== WORK ORDER ==
List each line of the data that holds the string "record", please.

== GIVEN DATA ==

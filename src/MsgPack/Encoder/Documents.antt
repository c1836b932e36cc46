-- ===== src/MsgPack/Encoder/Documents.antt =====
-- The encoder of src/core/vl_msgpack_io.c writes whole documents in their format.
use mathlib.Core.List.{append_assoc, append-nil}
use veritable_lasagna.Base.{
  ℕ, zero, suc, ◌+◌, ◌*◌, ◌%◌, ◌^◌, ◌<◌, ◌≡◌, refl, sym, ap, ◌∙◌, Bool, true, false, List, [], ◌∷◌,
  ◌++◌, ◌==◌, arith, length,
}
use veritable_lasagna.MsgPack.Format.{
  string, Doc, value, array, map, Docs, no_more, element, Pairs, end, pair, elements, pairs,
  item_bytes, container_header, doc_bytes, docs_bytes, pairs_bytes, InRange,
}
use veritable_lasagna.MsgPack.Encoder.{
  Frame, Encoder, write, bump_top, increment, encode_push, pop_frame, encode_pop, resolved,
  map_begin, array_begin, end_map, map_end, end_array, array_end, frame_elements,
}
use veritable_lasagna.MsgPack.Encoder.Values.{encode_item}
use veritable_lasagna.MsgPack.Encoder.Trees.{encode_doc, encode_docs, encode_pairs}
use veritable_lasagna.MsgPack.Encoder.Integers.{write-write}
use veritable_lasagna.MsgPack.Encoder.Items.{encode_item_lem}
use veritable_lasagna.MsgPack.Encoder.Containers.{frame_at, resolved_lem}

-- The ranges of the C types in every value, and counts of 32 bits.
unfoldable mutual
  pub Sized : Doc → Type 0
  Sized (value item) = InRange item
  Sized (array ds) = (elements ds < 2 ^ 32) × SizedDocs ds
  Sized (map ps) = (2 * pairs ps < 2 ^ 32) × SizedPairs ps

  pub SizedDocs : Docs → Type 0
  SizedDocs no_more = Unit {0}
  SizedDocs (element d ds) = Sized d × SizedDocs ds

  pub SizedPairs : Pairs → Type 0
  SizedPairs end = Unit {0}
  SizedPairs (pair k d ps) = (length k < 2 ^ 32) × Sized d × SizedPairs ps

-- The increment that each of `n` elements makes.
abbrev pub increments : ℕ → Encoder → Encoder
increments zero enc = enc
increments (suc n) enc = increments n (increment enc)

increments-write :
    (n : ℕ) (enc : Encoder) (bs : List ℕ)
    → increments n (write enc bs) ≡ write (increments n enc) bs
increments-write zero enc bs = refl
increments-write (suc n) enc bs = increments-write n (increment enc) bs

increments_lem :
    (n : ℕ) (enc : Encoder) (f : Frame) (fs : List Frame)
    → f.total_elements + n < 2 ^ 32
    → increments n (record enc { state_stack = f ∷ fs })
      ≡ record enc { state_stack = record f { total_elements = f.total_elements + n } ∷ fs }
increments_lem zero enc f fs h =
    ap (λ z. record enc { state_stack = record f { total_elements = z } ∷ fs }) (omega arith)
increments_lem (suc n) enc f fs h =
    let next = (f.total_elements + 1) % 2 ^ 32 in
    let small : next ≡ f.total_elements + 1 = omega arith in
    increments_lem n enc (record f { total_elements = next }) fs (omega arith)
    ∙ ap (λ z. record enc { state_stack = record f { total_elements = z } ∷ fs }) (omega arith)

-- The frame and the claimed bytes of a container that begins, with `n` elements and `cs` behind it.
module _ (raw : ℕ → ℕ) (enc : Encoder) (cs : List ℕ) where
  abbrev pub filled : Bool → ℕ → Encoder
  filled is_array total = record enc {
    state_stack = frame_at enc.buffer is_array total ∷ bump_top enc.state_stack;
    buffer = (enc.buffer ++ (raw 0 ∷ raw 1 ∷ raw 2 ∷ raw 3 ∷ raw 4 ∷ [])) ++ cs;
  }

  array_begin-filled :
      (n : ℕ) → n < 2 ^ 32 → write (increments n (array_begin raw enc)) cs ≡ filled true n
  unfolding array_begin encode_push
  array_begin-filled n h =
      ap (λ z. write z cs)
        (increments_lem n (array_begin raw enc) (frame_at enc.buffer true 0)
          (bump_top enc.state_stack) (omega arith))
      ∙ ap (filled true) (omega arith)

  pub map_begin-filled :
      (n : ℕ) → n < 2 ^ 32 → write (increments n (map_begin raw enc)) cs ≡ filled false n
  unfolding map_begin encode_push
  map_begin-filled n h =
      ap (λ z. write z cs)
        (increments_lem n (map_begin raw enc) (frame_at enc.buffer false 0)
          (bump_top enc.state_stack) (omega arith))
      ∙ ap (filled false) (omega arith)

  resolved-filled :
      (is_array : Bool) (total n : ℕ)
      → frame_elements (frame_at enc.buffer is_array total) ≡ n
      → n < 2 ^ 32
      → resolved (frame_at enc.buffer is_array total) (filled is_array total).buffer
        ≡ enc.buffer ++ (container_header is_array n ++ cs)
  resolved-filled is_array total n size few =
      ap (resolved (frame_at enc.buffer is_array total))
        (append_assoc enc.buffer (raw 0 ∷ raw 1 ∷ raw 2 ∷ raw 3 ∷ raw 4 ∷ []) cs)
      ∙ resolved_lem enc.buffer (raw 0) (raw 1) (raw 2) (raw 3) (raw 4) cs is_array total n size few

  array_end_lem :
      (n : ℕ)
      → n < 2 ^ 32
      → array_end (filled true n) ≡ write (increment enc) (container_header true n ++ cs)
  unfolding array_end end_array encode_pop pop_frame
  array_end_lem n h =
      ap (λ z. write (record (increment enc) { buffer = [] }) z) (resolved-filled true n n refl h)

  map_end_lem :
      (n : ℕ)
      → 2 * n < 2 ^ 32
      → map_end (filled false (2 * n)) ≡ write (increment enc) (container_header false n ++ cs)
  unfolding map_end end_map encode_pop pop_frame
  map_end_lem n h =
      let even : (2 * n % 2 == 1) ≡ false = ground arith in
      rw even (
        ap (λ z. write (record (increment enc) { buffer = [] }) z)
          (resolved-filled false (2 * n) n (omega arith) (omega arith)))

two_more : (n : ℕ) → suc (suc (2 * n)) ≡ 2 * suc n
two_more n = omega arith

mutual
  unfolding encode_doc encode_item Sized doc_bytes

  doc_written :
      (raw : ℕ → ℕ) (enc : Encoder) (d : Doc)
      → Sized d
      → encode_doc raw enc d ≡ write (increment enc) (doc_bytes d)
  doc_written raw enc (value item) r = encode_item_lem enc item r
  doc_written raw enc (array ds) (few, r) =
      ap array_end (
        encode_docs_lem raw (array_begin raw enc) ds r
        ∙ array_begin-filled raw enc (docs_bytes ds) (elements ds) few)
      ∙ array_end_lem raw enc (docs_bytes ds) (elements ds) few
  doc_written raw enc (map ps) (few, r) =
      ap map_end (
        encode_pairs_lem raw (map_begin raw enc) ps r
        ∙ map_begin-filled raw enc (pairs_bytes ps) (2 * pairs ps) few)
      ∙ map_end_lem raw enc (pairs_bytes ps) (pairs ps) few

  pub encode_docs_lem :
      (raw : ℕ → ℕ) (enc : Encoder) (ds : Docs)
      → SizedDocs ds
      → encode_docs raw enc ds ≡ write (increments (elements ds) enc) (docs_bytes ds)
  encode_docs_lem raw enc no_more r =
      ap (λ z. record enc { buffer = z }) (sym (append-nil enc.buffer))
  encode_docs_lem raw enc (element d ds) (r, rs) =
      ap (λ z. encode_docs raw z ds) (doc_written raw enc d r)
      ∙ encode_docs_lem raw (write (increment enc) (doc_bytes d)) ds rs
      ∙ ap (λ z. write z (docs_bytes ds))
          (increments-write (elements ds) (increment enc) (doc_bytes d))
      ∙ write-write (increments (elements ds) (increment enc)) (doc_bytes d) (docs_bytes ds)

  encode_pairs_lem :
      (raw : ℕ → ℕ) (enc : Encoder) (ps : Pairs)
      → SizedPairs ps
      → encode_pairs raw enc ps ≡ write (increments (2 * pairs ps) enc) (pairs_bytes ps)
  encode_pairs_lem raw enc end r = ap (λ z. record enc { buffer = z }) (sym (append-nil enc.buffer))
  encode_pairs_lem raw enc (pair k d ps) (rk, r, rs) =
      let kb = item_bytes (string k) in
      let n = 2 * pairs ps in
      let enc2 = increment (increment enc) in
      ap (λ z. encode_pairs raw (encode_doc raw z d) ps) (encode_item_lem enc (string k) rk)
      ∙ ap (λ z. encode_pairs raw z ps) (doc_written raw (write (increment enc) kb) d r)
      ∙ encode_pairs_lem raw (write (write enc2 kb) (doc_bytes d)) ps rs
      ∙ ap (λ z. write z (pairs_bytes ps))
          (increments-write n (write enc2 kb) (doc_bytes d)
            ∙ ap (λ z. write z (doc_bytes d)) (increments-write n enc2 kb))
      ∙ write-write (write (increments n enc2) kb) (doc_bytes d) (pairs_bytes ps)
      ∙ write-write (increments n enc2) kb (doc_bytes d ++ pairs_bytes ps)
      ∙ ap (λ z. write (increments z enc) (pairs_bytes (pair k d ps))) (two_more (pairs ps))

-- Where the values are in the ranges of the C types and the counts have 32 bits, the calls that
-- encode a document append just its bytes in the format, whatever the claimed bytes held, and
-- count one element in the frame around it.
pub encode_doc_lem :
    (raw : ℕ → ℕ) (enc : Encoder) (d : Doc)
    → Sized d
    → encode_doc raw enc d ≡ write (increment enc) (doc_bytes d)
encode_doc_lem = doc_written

===

== ANSWER AREA ==
    → increments n (record enc { state_stack = f ∷ fs })
      ≡ record enc { state_stack = record f { total_elements = f.total_elements + n } ∷ fs }
    ap (λ z. record enc { state_stack = record f { total_elements = z } ∷ fs }) (omega arith)
    increments_lem n enc (record f { total_elements = next }) fs (omega arith)
    ∙ ap (λ z. record enc { state_stack = record f { total_elements = z } ∷ fs }) (omega arith)
  filled is_array total = record enc {
      ap (λ z. write (record (increment enc) { buffer = [] }) z) (resolved-filled true n n refl h)
        ap (λ z. write (record (increment enc) { buffer = [] }) z)
      ap (λ z. record enc { buffer = z }) (sym (append-nil enc.buffer))
  encode_pairs_lem raw enc end r = ap (λ z. record enc { buffer = z }) (sym (append-nil enc.buffer))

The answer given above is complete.